378. En Autriche, les sujets catholiques ne peuvent obtenir le divorce. Lorsque l'un des conjoints au moins est catholique, la loi ne permet que la séparation de corps, soit pour causes déterminées, soit par consentement mutuel.

Les causes pour lesquelles la séparation peut être prononcée à la demande de l'un des époux sont : 1o une condamnation pour adultère ou pour crime; 2° l'abandon malicieux; 3o une conduite désordonnée mettant en péril une partie importante de la fortune du demandeur ou la moralité de la famille; 4° une maladie durable ou contagieuse.

Que la séparation soit demandée pour cause déterminée. ou en vertu du mutuel consentement, elle doit être précédée d'une triple tentative de conciliation faite ou bien par le directeur de conscience ou bien par le tribunal.

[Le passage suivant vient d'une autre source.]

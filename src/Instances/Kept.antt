-- ===== src/Instances/Kept.antt =====
-- What a row that is added, and a row that is written back, leaves sound.
use proof_arena.Base.{
  ℕ, ◌≡◌, sym, subst, String, Bool, true, Option, none, some, List, [], ◌∷◌, ◌++◌, arith, All,
  All-append, All-imp, ◌==◌, number_equality, find, is_some, if_cases, inl, inr, Bool-cases,
}
use proof_arena.Db.{AgentInstance, Store, get_instance}
use proof_arena.Instances.{Rows, commit}
use proof_arena.Instances.Update.{replace, write_row}
use proof_arena.Instances.Standing.{
  Artifacts, Stands, IsLabelled, IsOwned, Follows, IsSound, AreSound, Stands-append, IsOwned-append,
  IsOwned-replace,
}

-- what is found passes the test, and what holds of all holds of it
pub All-find :
    {A : Type 0} (P : A → Type 0) (test : A → Bool) (xs : List A) {x : A}
    → All P xs
    → find test xs ≡ some x
    → P x × (test x ≡ true)
All-find P test [] h found = absurd (cc)
All-find P test (y ∷ ys) {x} h found = elim (Bool-cases (test y)) [
  | inl e ↦
      let same : y ≡ x = ground (arith, found) in subst (λ z. P z × (test z ≡ true)) same (h.0, e)
  | inr e ↦ All-find P test ys h.1 (ground (arith, found))
]

Follows-keep :
    (rows rows' : List AgentInstance)
    → ((key : ℕ) (owner : String) → IsOwned key owner rows → IsOwned key owner rows')
    → (id : ℕ) (owner : String) (o : Option ℕ) → Follows rows id owner o
    → Follows rows' id owner o
Follows-keep rows rows' keep id owner none f = tt
Follows-keep rows rows' keep id owner (some key) f = (f.0, keep key owner f.1)

Follows-at :
    (rows : List AgentInstance) (id id' : ℕ) (owner owner' : String) (o o' : Option ℕ)
    → id' ≡ id
    → owner' ≡ owner
    → o' ≡ o
    → Follows rows id owner o
    → Follows rows id' owner' o'
Follows-at rows id id' owner owner' o o' e f g h = rw (e, f, g) h

module _ (sha256 : String → String) where
  -- more artifacts, and rows among which nothing that is pointed at is lost
  IsSound-grow :
      (artifacts more : Artifacts) (rows rows' : List AgentInstance)
      → ((key : ℕ) (owner : String) → IsOwned key owner rows → IsOwned key owner rows')
      → (r : AgentInstance) → IsSound sha256 artifacts rows r
      → IsSound sha256 (artifacts ++ more) rows' r
  IsSound-grow artifacts more rows rows' keep r h = record {
    stands =
        Stands-append sha256 more artifacts r.status r.last_failure_reason r.runtime_handle_json
          r.consent_artifact_id h.stands;
    has_wallet = h.has_wallet;
    labelled = h.labelled;
    follows =
        Follows-keep rows rows' keep r.instance_id r.instance_owner_ref r.superseded_by_instance_id
          h.follows;
  }

  -- one row more
  pub commit-AreSound :
      (db : Store) (rows : Rows)
      → AreSound sha256 db
      → IsSound sha256 (db.artifacts ++ rows.1) (db.instances ++ rows.0 ∷ []) rows.0
      → AreSound sha256 (commit db rows).0
  commit-AreSound db (row, artifacts) sound new =
      All-append _ db.instances (row ∷ [])
        (All-imp _ _ db.instances
          (IsSound-grow db.artifacts artifacts db.instances (db.instances ++ row ∷ [])
            (λ key owner h. IsOwned-append key owner db.instances (row ∷ []) h))
          sound)
        (new, tt)

  All-replace :
      (P : AgentInstance → Type 0) (key : ℕ) (row : AgentInstance) (rows : List AgentInstance)
      → All P rows
      → P row
      → All P (replace key row rows)
  All-replace P key row [] h p = tt
  All-replace P key row (r ∷ rs) h p =
      if_cases (All P) (r.instance_id == key) (λ here. (p, h.1))
        (λ later. (h.0, All-replace P key row rs h.1 p))

  -- a row that is written back, with more artifacts
  pub write_row-AreSound :
      (db : Store) (more : Artifacts) (row old : AgentInstance)
      → get_instance db row.instance_id ≡ some old
      → row.instance_owner_ref ≡ old.instance_owner_ref
      → AreSound sha256 db
      → IsSound sha256 (db.artifacts ++ more) (replace row.instance_id row db.instances) row
      → AreSound sha256 (record (write_row db row) { artifacts = db.artifacts ++ more })
  write_row-AreSound db more row old found same sound new =
      All-replace (IsSound sha256 (db.artifacts ++ more) (replace row.instance_id row db.instances))
        row.instance_id row db.instances
        (All-imp _ _ db.instances
          (IsSound-grow db.artifacts more db.instances (replace row.instance_id row db.instances)
            (λ key owner h. IsOwned-replace key owner row old db.instances found same h))
          sound)
        new

  -- a row that is written back with the key, the owner and the successor that it had
  pub rewrite-AreSound :
      (db : Store) (more : Artifacts) (row old : AgentInstance)
      → get_instance db old.instance_id ≡ some old
      → row.instance_id ≡ old.instance_id
      → row.instance_owner_ref ≡ old.instance_owner_ref
      → row.superseded_by_instance_id ≡ old.superseded_by_instance_id
      → Stands sha256
          (db.artifacts ++ more)
          row.status
          row.last_failure_reason
          row.runtime_handle_json
          row.consent_artifact_id
      → (is_some row.wallet_address ≡ true) × (is_some row.hosted_wallet_ref ≡ true)
      → IsLabelled row.trust_label row.instance_owner_ref
      → AreSound sha256 db
      → AreSound sha256 (record (write_row db row) { artifacts = db.artifacts ++ more })
  rewrite-AreSound db more row old found key owner successor stands wallet labelled sound =
      let was =
        (All-find (IsSound sha256 db.artifacts db.instances)
          (λ (r : AgentInstance). r.instance_id == old.instance_id) db.instances sound found).0 in
      let found' = subst (λ (k : ℕ). get_instance db k ≡ some old) (sym key) found in
      let rows = replace row.instance_id row db.instances in
      write_row-AreSound db more row old found' owner sound (record {
        stands = stands;
        has_wallet = wallet;
        labelled = labelled;
        follows =
            Follows-at rows old.instance_id row.instance_id old.instance_owner_ref
              row.instance_owner_ref old.superseded_by_instance_id row.superseded_by_instance_id key
              owner successor
              (Follows-keep db.instances rows
                (λ k who h. IsOwned-replace k who row old db.instances found' owner h)
                old.instance_id old.instance_owner_ref old.superseded_by_instance_id was.follows);
      })
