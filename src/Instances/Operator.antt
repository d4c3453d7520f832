-- ===== src/Instances/Operator.antt =====
-- backend/src/api/instances_operator.py: the repair of instances whose saga failed. The administrator
-- is authenticated before.
use proof_arena.Base.{
  ℕ, String, Bool, true, false, not, Option, none, some, [], ◌∷◌, ◌++◌, if◌then◌else◌, contains,
  nonempty, all, text_equality,
}
use proof_arena.Base.Json.{Json, Fields, null, bool, obj, end, field, get}
use proof_arena.Base.Result.{Result, ok, err, ◌>>=◌}
use proof_arena.Db.{AgentInstance, SagaStatus, Store, get_instance}
use proof_arena.Events.{Loads}
use proof_arena.Policy.{keys, PolicyEngineError, ConsentRecord, record_consent}
use proof_arena.Instances.{Outside, consent_codec, consent_artifact}
use proof_arena.Instances.Update.{write_row}

-- the `HTTPException`s, 404, 400, 400 and 503
pub data OperatorError : Type 0 where
  instance_not_found runtime_not_configured : OperatorError
  wrong_status : SagaStatus → OperatorError
  consent_rejected : PolicyEngineError → OperatorError

abbrev pub or_404 : Option AgentInstance → Result OperatorError AgentInstance
or_404 none = err instance_not_found
or_404 (some row) = ok row

-- `_RetryConsentBody`
pub record RetryConsentBody : Type 0 where
  pub devnet_only_acknowledged : Option Bool
  pub platform_managed_signing_acknowledged : Option Bool
  pub spend_caps_acknowledged : Option Bool
  pub no_indemnity_acknowledged : Option Bool

abbrev pub bool_or_null : Option Bool → Json
bool_or_null none = null
bool_or_null (some b) = bool b

-- `body.model_dump()`
abbrev pub model_dump : RetryConsentBody → Fields
model_dump body = field "devnet_only_acknowledged" (bool_or_null body.devnet_only_acknowledged) (
    field "no_indemnity_acknowledged" (bool_or_null body.no_indemnity_acknowledged) (
      field "platform_managed_signing_acknowledged"
        (bool_or_null body.platform_managed_signing_acknowledged)
        (field "spend_caps_acknowledged" (bool_or_null body.spend_caps_acknowledged) end)))

abbrev pub is_consent_failed : SagaStatus → Bool
is_consent_failed SagaStatus.runtime_live_consent_failed = true
is_consent_failed _ = false

abbrev pub check_consent_failed : AgentInstance → Result OperatorError AgentInstance
check_consent_failed row =
    if not (is_consent_failed row.status) then err (wrong_status row.status) else ok row

abbrev pub promoted : ℕ → AgentInstance → AgentInstance
promoted artifact_id row = record row {
  consent_artifact_id = some artifact_id;
  status = SagaStatus.live;
  last_failure_reason = none;
}

abbrev pub on_recorded :
    Store
    → ℕ
    → AgentInstance
    → Result PolicyEngineError (ConsentRecord String)
    → Result OperatorError (Store × AgentInstance)
on_recorded db artifact_id row (err e) = err (consent_rejected e)
on_recorded db artifact_id row (ok consent) =
    let repaired = promoted artifact_id row in
    ok (
      record (write_row db repaired) {
        artifacts = db.artifacts ++ (artifact_id, consent_artifact consent) ∷ [];
      },
      repaired,
    )

-- `retry_consent`; `artifact_id` is the next key
unfoldable pub retry_consent :
    Outside → Store → ℕ → ℕ → RetryConsentBody → Result OperatorError (Store × AgentInstance)
unfolding record_consent
retry_consent o db artifact_id instance_id body = or_404 (get_instance db instance_id) >>= λ found.
    check_consent_failed found >>= λ row.
    on_recorded db artifact_id row (record_consent (consent_codec o) (model_dump body))

-- `InstanceHandle`; its fields are not checked
pub record InstanceHandle : Type 0 where
  pub instance_id : Json
  pub extra : Json

abbrev pub get_or : Option Json → Json → Json
get_or none d = d
get_or (some v) d = v

abbrev pub with_id : Option Json → Json → Option InstanceHandle
with_id none extra = none
with_id (some v) extra = some (record { instance_id = v; extra = extra })

-- `InstanceHandle(**data)`, none being the `TypeError`
abbrev pub handle_of : Option Json → Option InstanceHandle
handle_of (some (obj fs)) =
    if all (λ k. contains k ("instance_id" ∷ "extra" ∷ [])) (keys fs)
    then with_id (get "instance_id" fs) (get_or (get "extra" fs) (obj end))
    else none
handle_of _ = none

-- `_parse_handle`
unfoldable pub parse_handle : Loads → Option String → Option InstanceHandle
parse_handle loads none = none
parse_handle loads (some raw) = if nonempty raw then handle_of (loads raw) else none

-- `AgentOSRuntime.teardown`: nothing, or what it raises
abbrev pub Runtime : Type 0
Runtime = InstanceHandle → Result String (Unit {0})

pub record TeardownResponse : Type 0 where
  pub row : AgentInstance
  pub runtime_cleanup_ok : Bool
  pub runtime_cleanup_detail : Option String

abbrev pub is_torn_down : SagaStatus → Bool
is_torn_down SagaStatus.torn_down = true
is_torn_down _ = false

abbrev pub torn : AgentInstance → AgentInstance
torn row = record row { status = SagaStatus.torn_down; last_failure_reason = none }

-- the end of the handler
abbrev pub finish : Store → AgentInstance → Bool → Option String → Store × TeardownResponse
finish db row cleanup_ok detail = (
  write_row db (torn row),
  record { row = torn row; runtime_cleanup_ok = cleanup_ok; runtime_cleanup_detail = detail },
)

abbrev pub on_cleanup : Store → AgentInstance → Result String (Unit {0}) → Store × TeardownResponse
on_cleanup db row (ok done) = finish db row true none
on_cleanup db row (err message) = finish db row false (some message)

abbrev pub is_filled : Option String → Bool
is_filled none = false
is_filled (some s) = nonempty s

abbrev pub clean_up :
    Store
    → AgentInstance
    → Option Runtime
    → Option InstanceHandle
    → Result OperatorError (Store × TeardownResponse)
clean_up db row none (some handle) = err runtime_not_configured
clean_up db row (some runtime) (some handle) = ok (on_cleanup db row (runtime handle))
clean_up db row runtime none = ok (
    if is_filled row.runtime_handle_json
    then finish db row false (some "runtime_handle_json is not parseable")
    else finish db row true none)

-- `teardown_instance`
unfoldable pub teardown_instance :
    Loads → Option Runtime → Store → ℕ → Result OperatorError (Store × TeardownResponse)
unfolding parse_handle
teardown_instance loads runtime db instance_id = or_404 (get_instance db instance_id) >>= λ row.
    if is_torn_down row.status
    then ok (db, record { row = row; runtime_cleanup_ok = true; runtime_cleanup_detail = none })
    else clean_up db row runtime (parse_handle loads row.runtime_handle_json)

Lorsqu'aucun des époux n'appartient à la religion catholique, le divorce est possible pour différentes causes, notamment en cas d'aversion réciproque insurmontable. Dans cette hypothèse, le juge doit prononcer, comme mesure préalable au divorce, une simple séparation de corps.

b. Espagne.

379. Pour les mariages canoniques, seules les autorités ecclésiastiques sont appelées à se prononcer sur leur annulation possible. Il ne s'agit pas d'une procédure de divorce, mais de demandes en nullité. L'autorité ecclésiastique peut permettre aussi la séparation de corps, qui, en Espagne, porte le nom de divorcio.

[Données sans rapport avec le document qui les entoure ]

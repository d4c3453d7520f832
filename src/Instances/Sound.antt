-- ===== src/Instances/Sound.antt =====
-- Each operation leaves the stored instances sound.
use proof_arena.Base.{
  find-passes, ℕ, ◌≡◌, refl, sym, subst, String, some, List, [], ◌∷◌, ◌++◌, ◌==◌, number_equality,
  nat_beq_iff,
}
use mathlib.Core.List.{append-nil}
use proof_arena.Base.Json.{Fields}
use proof_arena.Base.Result.{Result, ok, err}
use proof_arena.Db.{AgentInstance, AgentTemplate, Store, get_instance}
use proof_arena.Policy.{PolicyEngineError, ConsentRecord, record_consent}
use proof_arena.Policy.Consent.{record_consent-hash}
use proof_arena.Wallets.{HostedWallet}
use proof_arena.Instances.{
  Outside, new_instance, runtime_spec, consent_codec, consent_artifact, on_consent, on_runtime,
  DeployCall, provision, deploy_instance,
}
use proof_arena.Instances.Deployed.{deploy_instance-steps}
use proof_arena.Instances.Update.{replace, write_row}
use proof_arena.Instances.Standing.{IsSound, AreSound, IsConsent-last}
use proof_arena.Instances.Kept.{commit-AreSound, write_row-AreSound}

-- what a deploy writes has the key and the owner that it was given
on_consent-keys :
    (artifact_id : ℕ) (inst : AgentInstance) (r : Result PolicyEngineError (ConsentRecord String))
    → ((on_consent artifact_id inst r).0.instance_id ≡ inst.instance_id)
      × ((on_consent artifact_id inst r).0.instance_owner_ref ≡ inst.instance_owner_ref)
on_consent-keys artifact_id inst (ok consent) = (refl, refl)
on_consent-keys artifact_id inst (err e) = (refl, refl)

on_runtime-keys :
    (o : Outside) (artifact_id : ℕ) (consent : Fields) (inst : AgentInstance)
    (r : Result String String)
    → ((on_runtime o artifact_id consent inst r).0.instance_id ≡ inst.instance_id)
      × ((on_runtime o artifact_id consent inst r).0.instance_owner_ref ≡ inst.instance_owner_ref)
on_runtime-keys o artifact_id consent inst (ok handle) =
    on_consent-keys artifact_id (record inst { runtime_handle_json = some handle })
      (record_consent (consent_codec o) consent)
on_runtime-keys o artifact_id consent inst (err message) = (refl, refl)

module _ (o : Outside) (db : Store) (call : DeployCall) (wallet : HostedWallet)
    (template : AgentTemplate) where
  abbrev fresh_row : AgentInstance
  fresh_row =
      new_instance o call.instance_id call.now template call.effective_config call.owner_ref wallet

  on_consent-IsSound :
      (handle : String) (r : Result PolicyEngineError (ConsentRecord String))
      (rows : List AgentInstance)
      → record_consent (consent_codec o) call.consent ≡ r
      → IsSound o.sha256
          (db.artifacts
            ++ (on_consent call.artifact_id
                (record fresh_row { runtime_handle_json = some handle })
                r).1)
          rows
          (on_consent call.artifact_id (record fresh_row { runtime_handle_json = some handle }) r).0
  on_consent-IsSound handle (ok consent) rows made = record {
    stands = (
      refl,
      refl,
      IsConsent-last o.sha256 call.artifact_id (consent_artifact consent) db.artifacts refl refl
          (record_consent-hash (consent_codec o) call.consent made),
    );
    has_wallet = (refl, refl);
    labelled = tt;
    follows = tt;
  }
  on_consent-IsSound handle (err e) rows made = record {
    stands = (refl, refl, refl);
    has_wallet = (refl, refl);
    labelled = tt;
    follows = tt;
  }

  on_runtime-IsSound :
      (r : Result String String) (rows : List AgentInstance)
      → IsSound o.sha256
          (db.artifacts ++ (on_runtime o call.artifact_id call.consent fresh_row r).1)
          rows
          (on_runtime o call.artifact_id call.consent fresh_row r).0
  on_runtime-IsSound (ok handle) rows =
      on_consent-IsSound handle (record_consent (consent_codec o) call.consent) rows refl
  on_runtime-IsSound (err message) rows = record {
    stands = (refl, refl, refl);
    has_wallet = (refl, refl);
    labelled = tt;
    follows = tt;
  }

  provision-AreSound :
      AreSound o.sha256 db → AreSound o.sha256 (provision o db call wallet template).0
  provision-AreSound sound =
      commit-AreSound o.sha256 db _ sound (
        on_runtime-IsSound (o.deploy (runtime_spec template call.effective_config call.owner_ref))
          _)

module _ (o : Outside) (db : Store) (call : DeployCall) {db' : Store} {row : AgentInstance}
    (deployed : deploy_instance o db call ≡ ok (db', row)) where
  pub deploy_instance-AreSound : AreSound o.sha256 db → AreSound o.sha256 db'
  deploy_instance-AreSound sound =
      let (bounded, fits, (wallet, template, made, stored, can, same)) =
        deploy_instance-steps o db call deployed in
      subst (λ (out : Store × AgentInstance). AreSound o.sha256 out.0) same
        (provision-AreSound o db call wallet template sound)

  pub deploy_instance-row :
      (db'.instances ≡ db.instances ++ row ∷ [])
      × (row.instance_id ≡ call.instance_id)
      × (row.instance_owner_ref ≡ call.owner_ref)
  deploy_instance-row =
      let (bounded, fits, (wallet, template, made, stored, can, same)) =
        deploy_instance-steps o db call deployed in
      let (key, owner) =
        on_runtime-keys o call.artifact_id call.consent
          (new_instance o call.instance_id call.now template call.effective_config call.owner_ref
            wallet)
          (o.deploy (runtime_spec template call.effective_config call.owner_ref)) in
      subst
        (λ (out : Store × AgentInstance).
          (out.0.instances ≡ db.instances ++ out.1 ∷ [])
          × (out.1.instance_id ≡ call.instance_id)
          × (out.1.instance_owner_ref ≡ call.owner_ref))
        same (refl, key, owner)

-- a row that is written back, with no artifact more
pub write_row-AreSound_alone :
    (sha256 : String → String) (db : Store) (row old : AgentInstance)
    → get_instance db row.instance_id ≡ some old
    → row.instance_owner_ref ≡ old.instance_owner_ref
    → AreSound sha256 db
    → IsSound sha256 db.artifacts (replace row.instance_id row db.instances) row
    → AreSound sha256 (write_row db row)
write_row-AreSound_alone sha256 db row old found same sound new =
    subst (λ artifacts. AreSound sha256 (record (write_row db row) { artifacts = artifacts }))
      (append-nil db.artifacts)
      (write_row-AreSound sha256 db [] row old found same sound (
        subst (λ artifacts. IsSound sha256 artifacts (replace row.instance_id row db.instances) row)
          (sym (append-nil db.artifacts)) new))

-- an instance that is read stands under its own key
pub get_instance-own :
    (db : Store) (key : ℕ) {row : AgentInstance}
    → get_instance db key ≡ some row
    → (row.instance_id ≡ key) × (get_instance db row.instance_id ≡ some row)
get_instance-own db key {row} found =
    let own : row.instance_id ≡ key =
      (nat_beq_iff row.instance_id key).0
        (find-passes (λ (r : AgentInstance). r.instance_id == key) db.instances found) in
    (own, subst (λ (k : ℕ). get_instance db k ≡ some row) (sym own) found)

Pour les mariages civils, la loi n'autorise pas non plus. le divorce, mais la simple séparation de corps, pour l'une ou l'autre des causes suivantes: 1° adultère de la femme, ou adultère du mari entouré de certaines circonstances aggravantes; 2° mauvais traitements ou injures graves; 3° violence exercée par le mari sur la femme pour l'obliger à changer de religion; 4o la proposition du mari de prostituer sa femme; 5o la tentative du mari ou de la femme de corrompre leurs enfants ou de prostituer leurs filles ou la connivence dans leur corruption ou prostitution; 6° la condamnation du conjoint à la chaîne ou à la réclusion.

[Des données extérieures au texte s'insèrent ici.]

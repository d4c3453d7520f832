-- ===== src/Instances/Updated.antt =====
-- An update of the configuration leaves the stored instances sound.
use proof_arena.Base.{
  find-append, ℕ, ◌≡◌, ◌<◌, refl, sym, ap, ◌∙◌, subst, String, Option, none, some, [], ◌∷◌, ◌++◌,
  arith, ◌==◌, number_equality, find, if_true, if_false, Bool-cases, inl, inr,
}
use proof_arena.Base.Json.{obj}
use proof_arena.Base.PythonEquality.{same_json}
use proof_arena.Base.Result.{Result, ok, err, bind-ok, ok-injective}
use proof_arena.Db.{AgentInstance, AgentTemplate, Store, get_instance, get_template}
use proof_arena.Instances.{Outside, DeployError, deploy_instance}
use proof_arena.Instances.Update.{
  UpdateError, UpdateCall, is_live, write_row, or_raise, check_head, deploy_call, superseded_by,
  on_redeployed, update_instance_config,
}
use proof_arena.Instances.Standing.{IsSound, AreSound, IsFresh, IsOwned-last, IsOwned-replace}
use proof_arena.Instances.Kept.{All-find}
use proof_arena.Instances.Sound.{
  deploy_instance-AreSound, deploy_instance-row, write_row-AreSound_alone, get_instance-own,
}

module _ (sha256 : String → String) (db db' : Store) (old row : AgentInstance)
    (found : get_instance db old.instance_id ≡ some old)
    (added : db'.instances ≡ db.instances ++ row ∷ [])
    (same_owner : row.instance_owner_ref ≡ old.instance_owner_ref)
    (later : old.instance_id < row.instance_id) where
  still_found : get_instance db' old.instance_id ≡ some old
  still_found =
      ap (find (λ (r : AgentInstance). r.instance_id == old.instance_id)) added
      ∙ find-append _ db.instances (row ∷ []) found

  supersede-AreSound :
      AreSound sha256 db' → AreSound sha256 (write_row db' (superseded_by row.instance_id old))
  supersede-AreSound sound =
      let was =
        (All-find (IsSound sha256 db'.artifacts db'.instances)
          (λ (r : AgentInstance). r.instance_id == old.instance_id) db'.instances sound
          still_found).0 in
      write_row-AreSound_alone sha256 db' (superseded_by row.instance_id old) old still_found refl
        sound
        (record {
          stands = was.stands;
          has_wallet = was.has_wallet;
          labelled = was.labelled;
          follows = (
            later,
            IsOwned-replace row.instance_id old.instance_owner_ref
                (superseded_by row.instance_id old) old db'.instances still_found refl
                (rw (added, ← same_owner) (IsOwned-last row db.instances)),
          );
        })

pub or_raise-ok :
    {A : Type 0} (e : UpdateError) (o : Option A) {a : A} → or_raise e o ≡ ok a → o ≡ some a
or_raise-ok e none h = absurd (cc)
or_raise-ok e (some a) h = ap some (ok-injective h)

pub check_head-ok :
    (found : AgentInstance) (o : Option ℕ) {old : AgentInstance}
    → check_head found o ≡ ok old
    → (found ≡ old) × (o ≡ none)
check_head-ok found none h = (ok-injective h, refl)
check_head-ok found (some k) h = absurd (cc)

module _ (o : Outside) (db : Store) (call : UpdateCall) (fresh : IsFresh call.new_instance_id db)
    (sound : AreSound o.sha256 db) where
  on_redeployed-AreSound :
      (old : AgentInstance) (template : AgentTemplate)
      (r : Result DeployError (Store × AgentInstance)) {out : Store × AgentInstance}
      → get_instance db old.instance_id ≡ some old
      → deploy_instance o db (deploy_call call old template) ≡ r
      → on_redeployed old r ≡ ok out
      → AreSound o.sha256 out.0
  on_redeployed-AreSound old template (err e) found deployed h = absurd (cc)
  on_redeployed-AreSound old template (ok (db', row)) found deployed h =
      let (added, key, owner) = deploy_instance-row o db (deploy_call call old template) deployed in
      let sound' = deploy_instance-AreSound o db (deploy_call call old template) deployed sound in
      let before : old.instance_id < call.new_instance_id =
        (All-find (λ (r : AgentInstance). r.instance_id < call.new_instance_id)
          (λ (r : AgentInstance). r.instance_id == old.instance_id) db.instances fresh found).0 in
      let later : old.instance_id < row.instance_id = omega (arith, key) in
      elim (Bool-cases (is_live row.status)) [
        | inl live ↦
            let same = ok-injective (sym (if_true _ _ (is_live row.status) live) ∙ h) in
            subst (λ (out : Store × AgentInstance). AreSound o.sha256 out.0) same
              (supersede-AreSound o.sha256 db db' old row found added owner later sound')
        | inr dead ↦
            let same = ok-injective (sym (if_false _ _ (is_live row.status) dead) ∙ h) in
            subst (λ (out : Store × AgentInstance). AreSound o.sha256 out.0) same sound'
      ]

  pub update_instance_config-AreSound :
      {db' : Store} {row : AgentInstance}
      → update_instance_config o db call ≡ ok (db', row)
      → AreSound o.sha256 db'
  unfolding update_instance_config
  update_instance_config-AreSound {db'} {row} h =
      let (found, read, h1) =
        bind-ok (or_raise UpdateError.instance_not_found (get_instance db call.instance_id)) _ h in
      let (old, head, h2) = bind-ok (check_head found found.superseded_by_instance_id) _ h1 in
      let (old_config, loaded, h3) =
        bind-ok (or_raise UpdateError.bad_stored_config (o.loads old.effective_config_json)) _ h2 in
      let (same, is_head) = check_head-ok found found.superseded_by_instance_id head in
      let stored : get_instance db call.instance_id ≡ some old =
        or_raise-ok _ _ read ∙ ap some same in
      let (own, found_again) = get_instance-own db call.instance_id stored in
      elim (Bool-cases (same_json (obj call.new_config) old_config)) [
        | inl unchanged ↦
            let is_same =
              ok-injective
                (sym (if_true _ _ (same_json (obj call.new_config) old_config) unchanged) ∙ h3) in
            subst (λ (out : Store × AgentInstance). AreSound o.sha256 out.0) is_same sound
        | inr changed ↦
            let h4 = sym (if_false _ _ (same_json (obj call.new_config) old_config) changed) ∙ h3 in
            let (template, resolved, h5) =
              bind-ok (or_raise UpdateError.template_not_found (get_template db old.template_id)) _
                h4 in
            on_redeployed-AreSound old template
              (deploy_instance o db (deploy_call call old template)) found_again refl h5
      ]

Dans tous les cas, qu'il s'agisse de mariages civils ou canoniques, c'est la loi civile qui réglemente les conséquences de la séparation de corps et les mesures à prendre pendant l'instance.

c. Italie.

380. Le code italien permet seulement la séparation de corps, soit pour causes déterminées, soit par consentement mutuel, à la condition que la convention soit homologuée par le tribunal.

Les causes déterminées de séparation de corps sont les suivantes: 1° l'adultère; 2° l'abandon volontaire ; 3° les excès, sévices, menaces ou injures graves; 4° une condamnation à une peine criminelle, postérieure au mariage, ou ignorée du conjoint demandeur à l'époque du mariage; 5° pour la femme, le fait que le mari n'adopte pas une résidence fixe ou que, en ayant les moyens, il refuse de l'établir d'une manière qui convienne à sa situation.

d. Portugal.

381. Dans ce pays, encore, la loi n'autorise que la séparation de corps pour les causes suivantes: 1° adultère de la femme ou adultère du mari entouré de certaines circonstances aggravantes; 2° la condamnation de l'un des époux à une peine perpétuelle; 3° les sévices et les injures graves.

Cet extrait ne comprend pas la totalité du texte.